Problem description
Word for word, set down every line of the entries below from the line with "-- sessions with" to the line with "-- search has", including both, and no other line.

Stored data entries
++++
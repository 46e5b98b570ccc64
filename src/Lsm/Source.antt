-- ===== src/Lsm/Source.antt =====
-- The two kinds of iterators over one table that the tree's iterators work on, behind the
-- interface.
use structuredb.Base.{◌≡◌, Bool, true, false, Option, none, some, List, [], ◌∷◌}
use structuredb.Lsm.Types.{Record}
use structuredb.Lsm.Iterator.{IteratorOps, NextIs}
use structuredb.Lsm.MemTable.{MemTableIterator}
use structuredb.Lsm.MemTable as Mem
use structuredb.Lsm.MemTable.Scan as MemScan
use structuredb.Lsm.SsTable.{SsTableIterator}
use structuredb.Lsm.SsTable as Sst
use structuredb.Lsm.SsTable.Walk as SstWalk

pub data Source : Type 0 where
  in_mem_table : MemTableIterator → Source
  in_ss_table : SsTableIterator → Source

unfoldable pub has_more : Source → Bool
has_more (in_mem_table i) = Mem.has_more i
has_more (in_ss_table i) = Sst.has_more i

unfoldable pub next : Source → Option (Record × Source)
next (in_mem_table i) = elim (Mem.next i) [ none ↦ none | some (r, i') ↦ some (r, in_mem_table i') ]
next (in_ss_table i) = elim (Sst.next i) [ none ↦ none | some (r, i') ↦ some (r, in_ss_table i') ]

abbrev pub contents : Source → List Record
contents (in_mem_table i) = MemScan.contents i
contents (in_ss_table i) = SstWalk.contents i

abbrev pub IsValid : Source → Type 0
IsValid (in_mem_table i) = MemScan.IsValid i
IsValid (in_ss_table i) = SstWalk.IsValid i

pub more_lem :
    (s : Source) (r : Record) (rest : List Record)
    → IsValid s
    → contents s ≡ r ∷ rest
    → has_more s ≡ true
unfolding has_more
more_lem (in_mem_table i) r rest v e = MemScan.more_lem i r rest v e
more_lem (in_ss_table i) r rest v e = SstWalk.more_lem i r rest v e

pub done_lem : (s : Source) → IsValid s → contents s ≡ [] → has_more s ≡ false
unfolding has_more
done_lem (in_mem_table i) v e = MemScan.done_lem i v e
done_lem (in_ss_table i) v e = SstWalk.done_lem i v e

pub next_lem :
    (s : Source) (r : Record) (rest : List Record)
    → IsValid s
    → contents s ≡ r ∷ rest
    → NextIs next contents IsValid s r rest
unfolding next
next_lem (in_mem_table i) r rest v e =
    let n = MemScan.next_lem i r rest v e in
    record {
      after = in_mem_table n.after;
      next_eq = rw (n.next_eq, next);
      after_eq = n.after_eq;
      after_valid = n.after_valid;
    }
next_lem (in_ss_table i) r rest v e =
    let n = SstWalk.next_lem i r rest v e in
    record {
      after = in_ss_table n.after;
      next_eq = rw (n.next_eq, next);
      after_eq = n.after_eq;
      after_valid = n.after_valid;
    }

abbrev pub source_ops : IteratorOps Source
source_ops = record {
  has_more = has_more;
  next = next;
  contents = contents;
  valid = IsValid;
  more_lem = more_lem;
  done_lem = done_lem;
  next_lem = next_lem;
}
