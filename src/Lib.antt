-- ===== src/Lib.antt =====
-- The durable session state of the ws daemon (wsd/crates).
--
-- Every session of the daemon has an append-only log of entries. An SQLite index, the registry, is
-- reduced from those logs and can be rebuilt from them. This library models the log file, the
-- reduction and the transactions round it, and the state machine of a session.
--
-- What models what:
--   Entry        an entry of a log (ws-core/src/log.rs, LogEntry).
--   External     what the code takes from crates: JSON values (serde_json), the text of ULIDs (ulid)
--                and SQLite's JSON functions. They are an argument of every definition that uses them.
--   Log          ws-core/src/log.rs. Values has JSON values and validate_numbers; Lines the lines of a
--                file; Read has read_file, SessionLog::read and read_after; Writer has LogWriter with
--                append and append_locked. Read/Prefix, Writer/Appended, Writer/Heads and
--                Writer/Safety have the lemmas; Values/Exact, Read/Chain, Read/Tail and Writer/Append
--                the theorems.
--   Session      ws-core/src/state.rs: SessionState, transition, event_type and Display. Its child
--                Lifecycle has the diagram and the runs of transitions.
--   Registry     ws-core/src/registry. Schema has the tables of schema.sql and the types of mod.rs;
--                Fields the readers of an entry's fields (required_str, optional_str, sql_number,
--                parse_id); Project the reduction, a module for each of project_repo,
--                project_session, project_workspace, project_edge and project_message; Apply has
--                apply_entry; Store has open, apply, rebuild and next_alias; CatchUp has catch_up;
--                Events the queries of one event (latest_event, latest_process_exit,
--                event_for_callback); Resolve has resolve, which finds a session by a text;
--                Lists the lists of messages and of events in their order.
--   Guard        ws-daemon/src/loops/guard.rs, the guard of a loop's shell commands. Shell has commands
--                and substitution; Arguments command_start, subcommand and push_targets_integration;
--                Classify has classify; Context the search for the loop among a session's ancestors;
--                Check has shell_command, integration_branches and check. Their children have the
--                theorems.
--   Edges        ws-daemon/src/edges.rs: the search of path, and add_dependency in Edges/Add with the
--                parts of ws-daemon/src/sessions.rs that it calls (get_record, record_call,
--                and append_entry for types that tag_loop_spawn passes over). Walk, Discover, Found,
--                Answers and Acyclic have the lemmas on walks, and Add/Applied, Add/Refused and
--                Add/Cycles those on the index.
--   Limits       ws-daemon/src/limits.rs. Ancestors has the loop over a session's ancestors that the
--                code writes three times; Scope legacy_loop_scope and spawn_scope; Check
--                check_spawn_limits, check_loop_spawn_cap and tag_loop_spawn. Their children, Collect and
--                Seen have the lemmas and theorems.
--   Triggers     ws-daemon/src/triggers.rs. Search has check_trigger_cycles, the search for a cycle through
--                the edges that a trigger adds; Pending has apply_trigger_entry, which keeps the pending
--                triggers, and the test of evaluate_trigger; Template has expand.
--   Calls        a call of the service in ws-daemon/src/sessions.rs: what it reads and appends, and the tables
--                after it, where a call that fails keeps what it has written; append_entry with
--                tag_loop_spawn; next_alias of import/backend.rs.
--   Sessions     ws-daemon/src/sessions.rs: create, rename, reparent, transition, change_state and stop, with
--                process_exited of supervisor.rs. Moved, Above and Moves have the theorems.
--   Bus          ws-daemon/src/bus.rs, the messages between sessions. Bus has the rows of an inbox and the
--                numbers of a pair; Service send_message_inner, inbox, ack_messages and message_session.
--                Numbered and the children of Service have the theorems.
--   Registry/Step, Steps and the Steps below Project: the step relation that the reduction follows.
--   Registry/Invariant, Index, Owners, Replay, States, Store/Aliases, Store/Rebuild, CatchUp/Index,
--   Events/Latest: the theorems.
--   Tests        runs on concrete logs, and each theorem at a concrete input.
--
-- How the code is read. A log file is a list of bytes with a stamp; an append takes the outcome of
-- its system calls as an argument: the new id, the clock, how many bytes reach the file before an
-- error, and the file's new times. The encoding of entries (serde_json, the canonicalizer and
-- SHA-256) is a Codec, and CodecLaws says what it promises: a text without a newline that is read
-- back as the entry. A head that the writer retains under an unchanged stamp is trusted to
-- describe the file, which is a hypothesis for the first append and a result for the next. The
-- file lock, which keeps other writers away between the stamp and the write, is the atomicity of
-- append_locked.
--
-- A table is the list of its rows, newest first, and an SQL statement is a function on that list:
-- INSERT with its primary key and unique constraints, which fail as an SQLite error, INSERT ... ON
-- CONFLICT DO UPDATE, UPDATE and DELETE by a test. A column that holds a ULID's canonical text
-- holds the 128-bit number here, and a column that holds a JSON text holds the value.
-- applied_events keeps the entry whose text its column holds, and texts are compared by the same
-- serializer as in the code. A transaction is a function from tables to a result: an error drops
-- the new tables. SQLite failures other than constraints (a locked or damaged file) are not
-- modelled. u64 and i64 values are natural numbers with the range checks that the code makes
-- written out. An error message is a constructor of Reason. Threads: the parallel readers of
-- for_each_log are the order of the list of reads, which is arbitrary.
--
-- Fuel. Most loops are over a list. commands takes the number of characters as fuel and
-- command_start the number of words, since each round takes one at least; Guard.Shell.Scanned and
-- Guard.Arguments.Grammar show that it reaches the end. The depth of the guard, an u8 that stops at 8,
-- is a number of levels, 9 - depth. The search for an ancestor takes two more rounds than there are
-- sessions with a log, and Guard.Context.Ends shows that this is enough. The search of path takes one
-- round for the start and one for each edge, since a session is queued once, as the target of an edge;
-- Edges.Answers shows that this is enough. A climb in limits.rs takes two turns more than the table
-- has rows, since each ancestor but the first is a parent that a row names (Limits.Ancestors.Ends).
--
-- The guard reads a text as the list of its code points, and an index into a list of words is the
-- list from there on. The branch that git has checked out, the patterns of the glob crate, shell_words,
-- the JSON reader and the text of plan.md are parameters. The guard's check names the event that it
-- appends to the loop's log; how append_daemon_loop_event of events.rs ends for it is a parameter. In add_dependency the log's writer is a Journal, and JournalLaws says what it
-- promises; what observes an append once it is applied (usage, spans, triggers, loops) is left out of append_entry.
-- The scope of a loop, a text such as session:id, is its list of code points.
--
-- search_back of Triggers takes one round for the target of the new edge and one for each edge, since a
-- session's targets are pushed once, and Triggers.Search.Answers shows that it is enough; expand takes
-- the number of characters, since a round takes one at least.
--
-- A pending trigger is kept in an association list from ids to triggers, and the numbers that an inbox
-- expects are a function from senders. What serde_json reads a trigger or the content of a message from
-- is a parameter. In Bus, a reopened recipient leaves tables that a parameter gives, and BusLaws and
-- WriterLaws say what the log's writer promises: a new id, and the session, type and body that it was
-- given. In Sessions, the bodies of entries and what stop does to windows are parameters, and a
-- search has the fuel of the table's rows and two more, which Sessions.Above shows to be enough.
-- The rebuild that record_call makes after a failed append is left out of it: it is Registry.Store's.
--
-- Not modelled: of ws-core, the list of workspaces, the telemetry log, and the files of configuration
-- and devices. Of ws-daemon, delivery, the registration and the firing of triggers (which read
-- transcripts and launch agents), and the quota. HTTP, processes, tmux, git, telemetry export and the
-- command line are input and output.
pub mod Prelude
pub mod Entry
pub mod External
pub mod Bus
pub mod Calls
pub mod Edges
pub mod Guard
pub mod Limits
pub mod Log
pub mod Registry
pub mod Seen
pub mod Session
pub mod Sessions
pub mod Triggers
mod Tests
++++
Solution to the exercise
-- sessions with a log, and Guard.Context.Ends shows that this is enough. The search of path takes one
-- round for the start and one for each edge, since a session is queued once, as the target of an edge;
-- Edges.Answers shows that this is enough. A climb in limits.rs takes two turns more than the table
-- has rows, since each ancestor but the first is a parent that a row names (Limits.Ancestors.Ends).
--
-- The guard reads a text as the list of its code points, and an index into a list of words is the
-- list from there on. The branch that git has checked out, the patterns of the glob crate, shell_words,
-- the JSON reader and the text of plan.md are parameters. The guard's check names the event that it
-- appends to the loop's log; how append_daemon_loop_event of events.rs ends for it is a parameter. In add_dependency the log's writer is a Journal, and JournalLaws says what it
-- promises; what observes an append once it is applied (usage, spans, triggers, loops) is left out of append_entry.
-- The scope of a loop, a text such as session:id, is its list of code points.
--
-- search_back of Triggers takes one round for the target of the new edge and one for each edge, since a
-- session's targets are pushed once, and Triggers.Search.Answers shows that it is enough; expand takes
-- the number of characters, since a round takes one at least.
--
-- A pending trigger is kept in an association list from ids to triggers, and the numbers that an inbox
-- expects are a function from senders. What serde_json reads a trigger or the content of a message from
-- is a parameter. In Bus, a reopened recipient leaves tables that a parameter gives, and BusLaws and
-- WriterLaws say what the log's writer promises: a new id, and the session, type and body that it was
-- given. In Sessions, the bodies of entries and what stop does to windows are parameters, and a
-- search has the fuel of the table's rows and two more, which Sessions.Above shows to be enough.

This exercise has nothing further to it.